The simultaneous maturation of smartphones/tablets, fast and ubiquitous wireless, content delivery networks and cloud applications is catalyzing a generational paradigm shift.  Through its history, the technology industry has seen dramatic generational transformations every 25-30 years.  The last such upheaval occurred in the ‘80’s, when the arrival of the PC, the cell phone, widespread cable TV and the break-up of AT&T led many erstwhile industry leaders to ruin while establishing a new breed of companies that proceeded to dominate the next decades.  Today, a similar phenomenon is underway, potentially a death knell for many PC-era bellwethers and an impetus for new leadership.

This upheaval is accelerating the pace at which many traditional industries are being eroded, putting trillions of dollars in play.  We see the consumer PC market ($105B worldwide), stand alone electronic devices ($330B), advertising ($1.5T), channelized video ($175B), brick-and-mortar retail ($3.9T), transaction fees ($159B), print media ($75B), music/radio ($14B), consumer services ($100B), and many other business, all at risk to on-line competition on various timelines.

Much of this value will accrue to companies that integrate the vast resources moving to the web into a compelling experience for consumers.  Consumers are starting to demonstrate a preference for integrated web experiences that curate content, facilitate interaction, enable e-commerce, focus navigation, and simplify the web experience.  Increasingly, this means integrating from the physical device, through the on-line services, including the network and the data centers from which they are provided, essentially providing a customized, semi-private internet.
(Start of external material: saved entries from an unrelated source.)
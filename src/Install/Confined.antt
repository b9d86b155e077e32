-- ===== src/Install/Confined.antt =====
-- archive_tree.rs of omne-artifact-install-primitives: the calls that stay below the root of the extraction.
pub mod Directories
pub mod Leaves
pub mod Links
pub mod HardLinks
pub mod Pending
pub mod Tree
use omne_runtime.Base.{
  ◌==◌, if◌then◌else◌, map_ok, arith, refl, ◌≡◌, ℕ, zero, suc, Bool, true, false, ◌&&◌, ◌||◌,
  Option, none, some, List, [], ◌∷◌, ◌++◌, length, Text, Bytes, Result, ok, err, text_eq, all,
}
use omne_runtime.Base.Actions.{
  map_error-Triple, Action, ◌>>=◌, ◌>>◌, lift, map_error, attempt, Triple, >>=-Triple, Outcome,
  Outcome-either,
}
use omne_runtime.FsPath.{Component, root_dir, cur_dir, parent_dir, normal, components}
use omne_runtime.FsPath.Segments.{is_segment}
use omne_runtime.Install.{
  logged, IoError, rename_leaf, make_hard_link, make_symlink, set_mode, write_file, remove_file,
  metadata_of, open_file, create_file, read_file_type, perform_call, open_regular, open_component,
  create_directory, open_directory, System, Machine, Dir, Call,
}

-- A target, from a directory so many names below the root: no `..` goes above the root.
unfoldable pub stays_below : ℕ → List Component → Bool
stays_below depth [] = true
stays_below depth (normal name ∷ cs) = stays_below (suc depth) cs
stays_below depth (cur_dir ∷ cs) = stays_below depth cs
stays_below zero (parent_dir ∷ cs) = false
stays_below (suc depth) (parent_dir ∷ cs) = stays_below depth cs
stays_below depth (root_dir ∷ cs) = false

abbrev pub is_below : Dir → Bytes → Bool
is_below dir name = all is_segment dir && is_segment name

-- A call whose names are single names, none `.` or `..`, and whose link, if it makes one, leads nowhere
-- above the root.
unfoldable pub is_confined : Call → Bool
unfolding stays_below components is_segment
is_confined (open_directory dir name) =
    is_below dir name || (length dir == 0 && text_eq name (b'.' ∷ []))
is_confined (create_directory dir name) = is_below dir name
is_confined (create_file dir name) = is_below dir name
is_confined (open_file dir name) = is_below dir name
is_confined (metadata_of dir name) = is_below dir name
is_confined (remove_file dir name) = is_below dir name
is_confined (write_file dir name content) = is_below dir name
is_confined (set_mode dir name mode) = is_below dir name
is_confined (make_symlink target dir name) =
    is_below dir name && stays_below (length dir) (components target)
is_confined (make_hard_link from from_name to to_name) =
    is_below from from_name && is_below to to_name
is_confined (rename_leaf dir from to) = is_below dir from && is_below dir to

abbrev pub IsConfined : Machine → Type 0
IsConfined machine = all is_confined machine.calls ≡ true

abbrev pub IsConfinedWith : {A : Type 0} → (A → Type 0) → A → Machine → Type 0
IsConfinedWith Q a machine = IsConfined machine × Q a

-- Code whose calls are confined, with a result that has `Q`
abbrev pub Confines : {E A : Type 0} → (A → Type 0) → Action Machine E A → Type 0
Confines Q = Triple IsConfined IsConfined (IsConfinedWith Q)

abbrev pub Holds : {E A : Type 0} → (A → Type 0) → Result E A → Type 0
Holds Q (ok a) = Q a
Holds Q (err e) = Unit

module _ {E A : Type 0} where
  pub >>=-Confines :
      {B : Type 0} (Q : A → Type 0) (R : B → Type 0) (m : Action Machine E A)
      (f : A → Action Machine E B)
      → Confines Q m
      → ((a : A) → Q a → Confines R (f a))
      → Confines R (m >>= f)
  >>=-Confines Q R m f first second =
      >>=-Triple IsConfined (IsConfinedWith Q) (IsConfinedWith R) m f first
        (λ a machine (safe, q). second a q machine safe)

  pub then-Confines :
      (R : A → Type 0) (m : Action Machine E (Unit {0})) (k : Action Machine E A)
      → Confines (λ u. Unit) m
      → Confines R k
      → Confines R (m >> k)
  then-Confines R m k first second =
      >>=-Triple IsConfined (IsConfinedWith (λ u. Unit)) (IsConfinedWith R) m (λ u. k) first
        (λ u machine (safe, v). second machine safe)

  pub lift-Confines : (Q : A → Type 0) (r : Result E A) → Holds Q r → Confines Q (lift r)
  lift-Confines Q (ok a) q machine safe = (safe, q)
  lift-Confines Q (err e) q machine safe = safe

  pub Holds-any : (r : Result E A) → Holds (λ a. Unit) r
  Holds-any (ok a) = tt
  Holds-any (err e) = tt

  -- A check before the rest
  pub check-Confines :
      {B : Type 0} (R : B → Type 0) (r : Result E A) (f : A → Action Machine E B)
      → ((a : A) → r ≡ ok a → Confines R (f a))
      → Confines R (lift r >>= f)
  check-Confines R (ok a) f h = h a refl
  check-Confines R (err e) f h = λ machine safe. safe

  pub if-Confines :
      (Q : A → Type 0) (b : Bool) (m n : Action Machine E A)
      → (b ≡ true → Confines Q m)
      → (b ≡ false → Confines Q n)
      → Confines Q (if b then m else n)
  if-Confines Q true m n first second = first refl
  if-Confines Q false m n first second = second refl

  attempt-Outcome :
      (Q : A → Type 0) (x : Result E A × Machine)
      → Outcome IsConfined (IsConfinedWith Q) x
      → IsConfinedWith (Holds Q) x.0 x.1
  attempt-Outcome Q (ok a, machine) h = h
  attempt-Outcome Q (err e, machine) h = (h, tt)

  pub attempt-Confines :
      (F : Type 0) (Q : A → Type 0) (m : Action Machine E A)
      → Confines Q m
      → Confines {E = F} (Holds Q) (attempt m)
  attempt-Confines F Q m h machine safe = attempt-Outcome Q (m machine) (h machine safe)

  pub map_error-Confines :
      {F : Type 0} (Q : A → Type 0) (m : Action Machine E A) (f : E → F)
      → Confines Q m
      → Confines Q (map_error m f)
  map_error-Confines Q m f h = map_error-Triple IsConfined (IsConfinedWith Q) m f h

-- A `match` on the result
pub match-Confines :
    {E F A B : Type 0} (Q : A → Type 0) (R : B → Type 0) (m : Action Machine E A)
    (f : Result E A → Action Machine F B)
    → Confines Q m
    → ((r : Result E A) → Holds Q r → Confines R (f r))
    → Confines R (attempt m >>= f)
match-Confines {E} {F} Q R m f first second =
    >>=-Confines {E = F} (Holds Q) R (attempt m) f (attempt-Confines F Q m first) second

map_ok-Holds :
    (dir : Dir) (r : Result IoError (Unit {0}))
    → Holds (λ opened. opened ≡ dir) (map_ok (λ u. dir) r)
map_ok-Holds dir (ok u) = refl
map_ok-Holds dir (err e) = tt

pub logged-IsConfined :
    (call : Call) (machine : Machine)
    → is_confined call ≡ true
    → IsConfined machine
    → IsConfined (logged call machine)
logged-IsConfined call machine h safe = rw h safe

-- A segment is not `.`
pub is_segment-not_dot : (name : Bytes) → is_segment name ≡ true → text_eq name (b'.' ∷ []) ≡ false
unfolding is_segment
is_segment-not_dot name h = ground arith

module _ (system : System) where
  pub perform_call-Confines :
      (call : Call) → is_confined call ≡ true → Confines (λ u. Unit) (perform_call system call)
  perform_call-Confines call h machine safe =
      lift-Confines (λ u. Unit) (system.perform (call ∷ machine.calls)) (Holds-any _)
        (logged call machine) (logged-IsConfined call machine h safe)

  pub read_file_type-Confines :
      (dir : Dir) (name : Bytes)
      → is_below dir name ≡ true
      → Confines (λ u. Unit) (read_file_type system dir name)
  unfolding is_confined
  read_file_type-Confines dir name h machine safe =
      lift-Confines (λ u. Unit) (system.symlink_metadata (metadata_of dir name ∷ machine.calls))
        (Holds-any _) (logged (metadata_of dir name) machine)
        (logged-IsConfined (metadata_of dir name) machine h safe)

  pub open_regular-Confines :
      (dir : Dir) (name : Bytes)
      → is_below dir name ≡ true
      → Confines (λ u. Unit) (open_regular system dir name)
  unfolding is_confined
  open_regular-Confines dir name h machine safe =
      lift-Confines (λ u. Unit) (system.open_regular_file_at (open_file dir name ∷ machine.calls))
        (Holds-any _) (logged (open_file dir name) machine)
        (logged-IsConfined (open_file dir name) machine h safe)

  pub open_component-Confines :
      (dir : Dir) (name : Bytes)
      → all is_segment dir ≡ true
      → is_segment name ≡ true
      → Confines (λ opened. opened ≡ dir ++ name ∷ []) (open_component system dir name)
  unfolding is_confined
  open_component-Confines dir name h one machine safe =
      let call = open_directory dir name in
      let r = system.open_directory_component (call ∷ machine.calls) in
      let confined : is_confined call ≡ true = ground arith in
      rw (open_component, is_segment-not_dot name one)
        (lift-Confines (λ opened. opened ≡ dir ++ name ∷ []) (map_ok (λ u. dir ++ name ∷ []) r)
          (map_ok-Holds (dir ++ name ∷ []) r) (logged call machine)
          (logged-IsConfined call machine confined safe))

  pub open_root-Confines : Confines (λ opened. opened ≡ []) (open_component system [] (b'.' ∷ []))
  unfolding is_confined
  open_root-Confines machine safe =
      let call = open_directory [] (b'.' ∷ []) in
      let r = system.open_directory_component (call ∷ machine.calls) in
      lift-Confines (λ opened. opened ≡ []) (map_ok (λ u. []) r) (map_ok-Holds [] r)
        (logged call machine) (logged-IsConfined call machine refl safe)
Amazon, Apple, Facebook and Google are extending their fiefdoms of dominance into broader roles that bring them into direct conflict with one another.  Not long ago, these companies were close collaborators, but familiarity breeds contempt.  Today, ambitions spill over into fierce competition in disparate areas – Apple iOS vs. Google Android, Amazon Prime vs. Apple iTunes, Facebook vs. Google+, to name a few.  Tomorrow, the competition will be comprehensive and direct.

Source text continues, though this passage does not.